Search Unity

BrokenPipeError and EOFError while training

Discussion in 'ML-Agents' started by ninazrdl, Apr 18, 2020.

  1. ninazrdl

    ninazrdl

    Joined:
    Feb 8, 2020
    Posts:
    3
    The training process was running fine and suddenly it throws these errors. The first few episodes are fine.
    I used this command from Anaconda Prompt, using with a virtual env:
    mlagents-learn trainer_config.yaml --env=UnityProject.exe --run-id=1 --train.

    Here is my log:
    2020-04-18 07:53:22 INFO [trainer.py:214] 2: Brain: Step: 110000. Time Elapsed: 6598.126 s Mean Reward: 1.000. Std of Reward: 0.000. Training.
    (UnityMLAVnv) (base) C:\Users\User\Desktop>Process Process-1:
    Traceback (most recent call last):
    File "c:\programdata\anaconda3\lib\multiprocessing\connection.py", line 312, in _recv_bytes
    nread, err = ov.GetOverlappedResult(True)
    BrokenPipeError: [WinError 109] パイプは終了しました。
    During handling of the above exception, another exception occurred:
    Traceback (most recent call last):
    File "c:\programdata\anaconda3\lib\multiprocessing\process.py", line 297, in _bootstrap
    self.run()
    File "c:\programdata\anaconda3\lib\multiprocessing\process.py", line 99, in run
    self._target(*self._args, **self._kwargs)
    File "c:\users\user\unitymlavnv\lib\site-packages\mlagents\trainers\subprocess_env_manager.py", line 120, in worker
    cmd: EnvironmentCommand = parent_conn.recv()
    File "c:\programdata\anaconda3\lib\multiprocessing\connection.py", line 250, in recv
    buf = self._recv_bytes()
    File "c:\programdata\anaconda3\lib\multiprocessing\connection.py", line 321, in _recv_bytes
    raise EOFError​
    EOFError
    Environment:
    - OS: Windows 10
    - _ML-Agents 0.15.1
    - _TensorFlow 2.0.1
     
  2. TreyK-47

    TreyK-47

    Unity Technologies

    Joined:
    Oct 22, 2019
    Posts:
    1,822
    I'll forward this for the team to review.
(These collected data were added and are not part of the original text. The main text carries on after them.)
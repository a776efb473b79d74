-- ===== src/Parser/Conflicts.antt =====
-- Where the cues of a message contradict each other, no filter on the state in question is left.
use permission_aware_search.Common.{
  ◌==◌, Bool-cases, all, keep, all-keep_self, all-keep, String, ◌≡◌, refl, ◌⊎◌, inl, inr, Bool,
  true, false, not, List,
}
use permission_aware_search.Store.{Filter}
use permission_aware_search.Semantic.{SemanticSlots}
use permission_aware_search.Parser.{Setting}
use permission_aware_search.Parser.Filters.{Draft}
use permission_aware_search.Parser.Parse.{
  fill_window, fill_identifiers, fill_intent, guard_conflicts, draft_of,
}
use permission_aware_search.Parser.Cues.{classify_intent}

abbrev pub names_other : String → Filter → Bool
names_other name f = not (f.field == name)

abbrev pub IsGuarded : SemanticSlots → List Filter → Type 0
IsGuarded slots filters =
    ((slots.has_payment_conflict ≡ false) ⊎ (all (names_other "payment.state") filters ≡ true))
    × ((slots.has_shipment_conflict ≡ false) ⊎ (all (names_other "shipment.state") filters ≡ true))

pub guard_conflicts-IsGuarded :
    (slots : SemanticSlots) (d : Draft) → IsGuarded slots (guard_conflicts slots d).filters
unfolding guard_conflicts
guard_conflicts-IsGuarded slots d =
    let paid = names_other "payment.state" in
    let sent = names_other "shipment.state" in
    let kept = all-keep_self paid d.filters in
    let both = all-keep paid sent (keep paid d.filters) kept in
    let once = all-keep_self sent d.filters in
    let twice = all-keep_self sent (keep paid d.filters) in
    elim (Bool-cases slots.has_payment_conflict) [
      | inl p ↦ elim (Bool-cases slots.has_shipment_conflict) [
        | inl q ↦ rw (p, q) (inr both, inr twice)
        | inr q ↦ rw (p, q) (inr kept, inl refl)
      ]
      | inr p ↦ elim (Bool-cases slots.has_shipment_conflict) [
        | inl q ↦ rw (p, q) (inl refl, inr once)
        | inr q ↦ rw (p, q) (inl refl, inl refl)
      ]
    ]

pub draft_of-IsGuarded :
    (env : Setting) (message lower resource_type : String) (slots : SemanticSlots) (d : Draft)
    → IsGuarded slots (draft_of env message lower resource_type slots d).filters
unfolding draft_of
draft_of-IsGuarded env message lower resource_type slots d = guard_conflicts-IsGuarded slots (
    fill_intent env.registry (classify_intent lower) resource_type lower slots
      (fill_identifiers env.registry message (fill_window env lower resource_type d)))
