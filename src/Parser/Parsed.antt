-- ===== src/Parser/Parsed.antt =====
-- What `ParseNaturalLanguage` answers, whatever the message is.
use permission_aware_search.Common.{
  ltb, ◌==◌, if◌then◌else◌, Bool-cases, if_cases, String, ◌≡◌, refl, ◌⊎◌, inl, inr, Bool, true,
  false, ◌&&◌, ◌||◌, arith, eq_iff,
}
use permission_aware_search.Common.Int.{pos}
use permission_aware_search.Strings.{◌+++◌}
use permission_aware_search.Contracts.{
  contract_version_v2, intent_default, intent_wismo, intent_crm_profile, intent_returns_refunds,
  intent_unsupported,
}
use permission_aware_search.Parser.{Setting}
use permission_aware_search.Parser.Lookups.{created_at_field}
use permission_aware_search.Parser.Cues.{
  contains_any, is_temporal_order_listing, has_crm_identity_cue, unsupported_terms, returns_terms,
  wismo_terms, crm_terms, classify_intent, infer_resource_type,
}
use permission_aware_search.Parser.Normalize.{normalize_semantic_input}
use permission_aware_search.Parser.Slots.{extract_semantic_slots}
use permission_aware_search.Parser.Parse.{first_draft, parse_natural_language, ParseResult}
use permission_aware_search.Parser.Confidence.{IsConfidence, draft_of-IsConfidence}
use permission_aware_search.Parser.Conflicts.{IsGuarded, draft_of-IsGuarded}

abbrev IsIntent : String → Type 0
IsIntent intent =
    (intent ≡ intent_default)
    ⊎ (intent ≡ intent_wismo)
    ⊎ (intent ≡ intent_crm_profile)
    ⊎ (intent ≡ intent_returns_refunds)
    ⊎ (intent ≡ intent_unsupported)

five-IsIntent :
    (unsupported returns temporal wismo crm : Bool)
    → IsIntent (
        if unsupported
        then intent_unsupported
        else if returns
        then intent_returns_refunds
        else if temporal
        then intent_wismo
        else if wismo
        then intent_wismo
        else if crm
        then intent_crm_profile
        else intent_default)
five-IsIntent true returns temporal wismo crm = inr (inr (inr (inr refl)))
five-IsIntent false true temporal wismo crm = inr (inr (inr (inl refl)))
five-IsIntent false false true wismo crm = inr (inl refl)
five-IsIntent false false false true crm = inr (inl refl)
five-IsIntent false false false false true = inr (inr (inl refl))
five-IsIntent false false false false false = inl refl

classify_intent-IsIntent : (lower : String) → IsIntent (classify_intent lower)
unfolding classify_intent
classify_intent-IsIntent lower =
    five-IsIntent (contains_any lower unsupported_terms) (contains_any lower returns_terms)
      (is_temporal_order_listing lower) (contains_any lower wismo_terms)
      (has_crm_identity_cue lower && contains_any lower crm_terms)

abbrev IsResource : String → Type 0
IsResource resource = (resource ≡ "order") ⊎ (resource ≡ "customer")

hint-IsResource : (hint : String) → (hint == "order" || hint == "customer") ≡ true → IsResource hint
hint-IsResource hint h = elim (Bool-cases (hint == "order")) [
  | inl one ↦ inl ((eq_iff hint "order").0 one)
  | inr other ↦ inr ((eq_iff hint "customer").0 (ground arith))
]

either-IsResource :
    (hinted orders customers : Bool) (hint : String)
    → (hinted ≡ true → IsResource hint)
    → (default' : String) → IsResource default'
    → IsResource (
        if hinted
        then hint
        else if orders
        then "order"
        else if customers
        then "customer"
        else default')
either-IsResource true orders customers hint h default' d = h refl
either-IsResource false true customers hint h default' d = inl refl
either-IsResource false false true hint h default' d = inr refl
either-IsResource false false false hint h default' d = d

infer_resource_type-IsResource :
    (lower hint intent : String) → IsResource (infer_resource_type lower hint intent)
unfolding infer_resource_type
infer_resource_type-IsResource lower hint intent =
    let last : String =
      if intent == intent_wismo || intent == intent_returns_refunds then "order" else "order" in
    either-IsResource _ _ _ hint (hint-IsResource hint) last (
      if_cases (λ (r : String). IsResource r)
        (intent == intent_wismo || intent == intent_returns_refunds) (λ _. inl refl)
        (λ _. inl refl))

-- what is true of every parse
pub record IsParse (env : Setting) (version : String) (p : ParseResult) : Type 0 where
  pub versioned :
      p.query.contract_version ≡ (if version == "" then contract_version_v2 else version)
  pub known_intent : IsIntent p.intent_category
  pub same_intent : p.query.intent_category ≡ p.intent_category
  pub known_resource : IsResource p.resource_type
  pub named : p.intent ≡ "search_" +++ p.resource_type
  pub sorted : p.query.sort.field ≡ created_at_field env.registry p.resource_type
  pub newest_first : p.query.sort.dir ≡ "desc"
  pub first_page : (p.query.page.limit ≡ pos 20) × (p.query.page.cursor ≡ "")
  pub guarded : IsGuarded p.extracted_slots p.query.filters
  pub confidence : IsConfidence p.extracted_slots p.confidence
  pub clarified : p.clarification_needed ≡ ltb p.confidence 66

-- `ParseNaturalLanguage`, on every message: the intent and the resource are known ones, the query names
-- them and asks for the first page of twenty, newest first; where the cues for a payment or a shipment
-- contradict each other, no filter on its state is left and the confidence is 0.40, else the confidence is
-- between 0.55 and 2.53; a clarification is asked for exactly below 0.66.
pub parse_natural_language-IsParse :
    (env : Setting) (message version hint : String)
    → IsParse env version (parse_natural_language env message version hint)
unfolding parse_natural_language
parse_natural_language-IsParse env message version hint =
    let (lower, applied) = normalize_semantic_input env.ranged message in
    let slots = extract_semantic_slots env.registry lower in
    let resource_type = infer_resource_type lower hint (classify_intent lower) in
    record {
      versioned = refl;
      known_intent = classify_intent-IsIntent lower;
      same_intent = refl;
      known_resource = infer_resource_type-IsResource lower hint (classify_intent lower);
      named = refl;
      sorted = refl;
      newest_first = refl;
      first_page = (refl, refl);
      guarded = draft_of-IsGuarded env message lower resource_type slots (first_draft applied);
      confidence =
          draft_of-IsConfidence env message lower resource_type slots (first_draft applied) refl;
      clarified = refl;
    }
Which versions of C# & Python are you running?
     
  3. harpj

    harpj

    Unity Technologies

    Joined:
    Jun 20, 2017
    Posts:
    6
    Hi @ninazrdl, it seems the training process shut down without cleanly shutting down the Unity environment worker. A few questions:

    • Was this the end of training / had it reached the maximum number of steps?
    • Did you try to end training early?
    • Was the resulting .nn file written out?
     
  4. maximilian_92

    maximilian_92

    Joined:
    May 22, 2020
    Posts:
    3
    I have the same isssue, have you figured out how to solve this? Thx!